Guardrail profiles change:

  • which system prompt is used
  • whether runtime policy refuses requests
  • whether disallowed retrieval is filtered out automatically

The actual prompt files live in prompts/README.md. They already exist for strict, standard, relaxed, and original_model, and are selected by config/guardrails.yaml.

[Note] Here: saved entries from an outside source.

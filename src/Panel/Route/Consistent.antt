-- ===== src/Panel/Route/Consistent.antt =====
-- What the panel's boxes say is what the map shows.
use simply_transport.Common.{
  ◌≡◌, refl, ap, ◌∙◌, Text, units, Bool, true, false, not, List, [], ◌∷◌, Option, none, some,
  text_eq, All,
}
use simply_transport.Shared.Visibility.{Layers, set_all}
use simply_transport.Shared.Visibility.Agree.{Agree, Agree-set_self, Agree-set_apart, Apart}
use simply_transport.Panel.Button.{label, toggle_text-label}
use simply_transport.Panel.Route.{
  line_id, vehicle_ids, stop_ids, RoutePanel, Action, set_line, set_vehicles, set_stops, toggle_all,
  build_route_layer_panel, change_vehicles, toggle_vehicle_layers, click_toggle_all, act, act_all,
}

abbrev line_ids : List Text
line_ids = line_id ∷ []

-- The three groups of layers have no id in common.
line-Apart_vehicles : Apart line_ids vehicle_ids
unfolding text_eq units
line-Apart_vehicles = (refl, tt)

line-Apart_stops : Apart line_ids stop_ids
unfolding text_eq units
line-Apart_stops = (refl, tt)

vehicles-Apart_line : Apart vehicle_ids line_ids
unfolding text_eq units
vehicles-Apart_line = (refl, (refl, (refl, tt)))

vehicles-Apart_stops : Apart vehicle_ids stop_ids
unfolding text_eq units
vehicles-Apart_stops = (refl, (refl, (refl, tt)))

stops-Apart_line : Apart stop_ids line_ids
unfolding text_eq units
stops-Apart_line = (refl, (refl, tt))

stops-Apart_vehicles : Apart stop_ids vehicle_ids
unfolding text_eq units
stops-Apart_vehicles = (refl, (refl, tt))

-- What the clicks on the button come to: all shown at first, then hidden and shown in turn.
abbrev pub shows : Bool → Action → Bool
shows on toggle_all = not on
shows on _ = on

abbrev pub shows_after : Bool → List Action → Bool
shows_after on [] = on
shows_after on (a ∷ as') = shows_after (shows on a) as'

-- The boxes that are there.
abbrev pub box_list : Option Bool → List Bool
box_list none = []
box_list (some b) = b ∷ []

abbrev pub boxes : {M : Type 0} → RoutePanel M → List Bool
boxes p = p.line_checked ∷ p.stops_checked ∷ box_list p.vehicles_checked

module _ (lib : Layers) where
  open lib use {Map}

  -- The vehicles' layers agree with their box, where there is one.
  abbrev pub VehiclesAgree : Map → Option Bool → Type 0
  VehiclesAgree m none = Unit
  VehiclesAgree m (some b) = Agree lib m b vehicle_ids

  -- Each box tells whether the layers behind it are visible; where all was last shown the button offers to hide it,
  -- and otherwise to show it, and a click on it sets every box so.
  pub record Consistent (on : Bool) (p : RoutePanel Map) : Type 0 where
    pub line : Agree lib p.map p.line_checked line_ids
    pub vehicles : VehiclesAgree p.map p.vehicles_checked
    pub stops : Agree lib p.map p.stops_checked stop_ids
    pub button : p.button_text ≡ label on
    pub next : p.all_on ≡ on
    pub click : All (λ b. b ≡ not on) (boxes (click_toggle_all lib p))

  -- A change of the line or the stops leaves the vehicles alone.
  vehicles-kept :
      (m : Map) (o : Option Bool) (v : Bool) (big : List Text)
      → Apart vehicle_ids big
      → VehiclesAgree m o
      → VehiclesAgree (set_all lib m big v) o
  vehicles-kept m none v big h a = tt
  vehicles-kept m (some b) v big h a = Agree-set_apart lib m v b vehicle_ids big h a

  -- A change of the vehicles makes them agree, and keeps what is apart.
  toggle-vehicles :
      (m : Map) (o : Option Bool) (v : Bool)
      → VehiclesAgree (toggle_vehicle_layers lib m v o) (elim o [ none ↦ none | some b ↦ some v ])
  unfolding toggle_vehicle_layers
  toggle-vehicles m none v = tt
  toggle-vehicles m (some b) v = Agree-set_self lib m v vehicle_ids

  toggle-kept :
      (m : Map) (o : Option Bool) (v b : Bool) (ids : List Text)
      → Apart ids vehicle_ids
      → Agree lib m b ids
      → Agree lib (toggle_vehicle_layers lib m v o) b ids
  unfolding toggle_vehicle_layers
  toggle-kept m none v b ids h a = a
  toggle-kept m (some old) v b ids h a = Agree-set_apart lib m v b ids vehicle_ids h a

  old_box :
      (o : Option Bool) (v w : Bool)
      → v ≡ w
      → All (λ b. b ≡ w) (box_list (elim o [ none ↦ none | some old ↦ some v ]))
  old_box none v w e = tt
  old_box (some old) v w e = (e, tt)

  click-boxes :
      (p : RoutePanel Map) (on : Bool)
      → p.all_on ≡ on
      → All (λ b. b ≡ not on) (boxes (click_toggle_all lib p))
  unfolding click_toggle_all
  click-boxes p on e = (ap not e, (ap not e, old_box p.vehicles_checked _ _ (ap not e)))

  change-Consistent :
      (p : RoutePanel Map) (on v : Bool) (o : Option Bool)
      → p.vehicles_checked ≡ o
      → Consistent on p
      → Consistent on (change_vehicles lib p v o)
  unfolding change_vehicles
  change-Consistent p on v none e c = c
  change-Consistent p on v (some old) e c = record {
    line =
        Agree-set_apart lib p.map v p.line_checked line_ids vehicle_ids line-Apart_vehicles c.line;
    vehicles = Agree-set_self lib p.map v vehicle_ids;
    stops =
        Agree-set_apart lib p.map v p.stops_checked stop_ids vehicle_ids stops-Apart_vehicles
          c.stops;
    button = c.button;
    next = c.next;
    click = click-boxes (change_vehicles lib p v (some old)) on c.next;
  }

  toggle-Consistent :
      (p : RoutePanel Map) (on : Bool)
      → p.all_on ≡ on
      → Consistent (not on) (click_toggle_all lib p)
  unfolding click_toggle_all set_all
  toggle-Consistent p on e = record {
    line = Agree-set_apart lib _ v v line_ids stop_ids line-Apart_stops (
        toggle-kept m p.vehicles_checked v v line_ids line-Apart_vehicles
          (Agree-set_self lib p.map v line_ids));
    vehicles =
        vehicles-kept _ _ v stop_ids vehicles-Apart_stops (toggle-vehicles m p.vehicles_checked v);
    stops = Agree-set_self lib _ v stop_ids;
    button = toggle_text-label v ∙ ap (λ b. label (not b)) e;
    next = ap not e;
    click = click-boxes (click_toggle_all lib p) (not on) (ap not e);
  }
    where
      v : Bool
      v = not p.all_on

      m : Map
      m = set_all lib p.map line_ids v

  act-Consistent :
      (p : RoutePanel Map) (on : Bool) (a : Action)
      → Consistent on p
      → Consistent (shows on a) (act lib p a)
  unfolding act set_all
  act-Consistent p on (set_line v) c = record {
    line = Agree-set_self lib p.map v line_ids;
    vehicles = vehicles-kept p.map p.vehicles_checked v line_ids vehicles-Apart_line c.vehicles;
    stops = Agree-set_apart lib p.map v p.stops_checked stop_ids line_ids stops-Apart_line c.stops;
    button = c.button;
    next = c.next;
    click = click-boxes (act lib p (set_line v)) on c.next;
  }
  act-Consistent p on (set_vehicles v) c = change-Consistent p on v p.vehicles_checked refl c
  act-Consistent p on (set_stops v) c = record {
    line = Agree-set_apart lib p.map v p.line_checked line_ids stop_ids line-Apart_stops c.line;
    vehicles = vehicles-kept p.map p.vehicles_checked v stop_ids vehicles-Apart_stops c.vehicles;
    stops = Agree-set_self lib p.map v stop_ids;
    button = c.button;
    next = c.next;
    click = click-boxes (act lib p (set_stops v)) on c.next;
  }
  act-Consistent p on toggle_all c = toggle-Consistent p on c.next

  act_all-Consistent :
      (p : RoutePanel Map) (on : Bool) (as' : List Action)
      → Consistent on p
      → Consistent (shows_after on as') (act_all lib p as')
  unfolding act_all
  act_all-Consistent p on [] c = c
  act_all-Consistent p on (a ∷ as') c =
      act_all-Consistent (act lib p a) (shows on a) as' (act-Consistent p on a c)

  -- The map as `load` leaves it: all its layers of the panel are visible.
  pub record AllVisible (m : Map) : Type 0 where
    pub line : Agree lib m true line_ids
    pub vehicles : Agree lib m true vehicle_ids
    pub stops : Agree lib m true stop_ids

  start-Consistent :
      (m : Map) (has_vehicles : Bool)
      → AllVisible m
      → Consistent true (build_route_layer_panel lib m has_vehicles)
  unfolding build_route_layer_panel
  start-Consistent m true h = record {
    line = h.line;
    vehicles = h.vehicles;
    stops = h.stops;
    button = refl;
    next = refl;
    click = click-boxes (build_route_layer_panel lib m true) true refl;
  }
  start-Consistent m false h = record {
    line = h.line;
    vehicles = tt;
    stops = h.stops;
    button = refl;
    next = refl;
    click = click-boxes (build_route_layer_panel lib m false) true refl;
  }

-- On a route map whose layers are visible at first, whatever the user clicks: each box of the panel is checked exactly if
-- the layers behind it are visible; the button says "Toggle all off" after an even number of clicks on it, none included,
-- and "Toggle all on" after an odd number; and one more click on it leaves all boxes unchecked, or all checked, as it
-- says.
pub route_panel-Consistent :
    (lib : Layers) (m : lib.Map) (has_vehicles : Bool) (actions : List Action)
    → AllVisible lib m
    → Consistent lib
        (shows_after true actions)
        (act_all lib (build_route_layer_panel lib m has_vehicles) actions)
route_panel-Consistent lib m has_vehicles actions h =
    act_all-Consistent lib _ true actions (start-Consistent lib m has_vehicles h)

For first-time tuning, keep this mental model:

  • knowledge/persona.md defines how you want the assistant to sound
  • prompts/*.md translate that into runtime behavior
  • LoRA examples make the behavior more stable over time

Request flow

  1. Classify the user query.
  2. Refuse if the topic is outside the professional domain.
  3. Retrieve relevant chunks using the configured vector backend.
  4. Build the final prompt with system policy, retrieved context, and citations.
  5. Generate the answer through the selected backend.
  6. Validate the output policy before returning the response.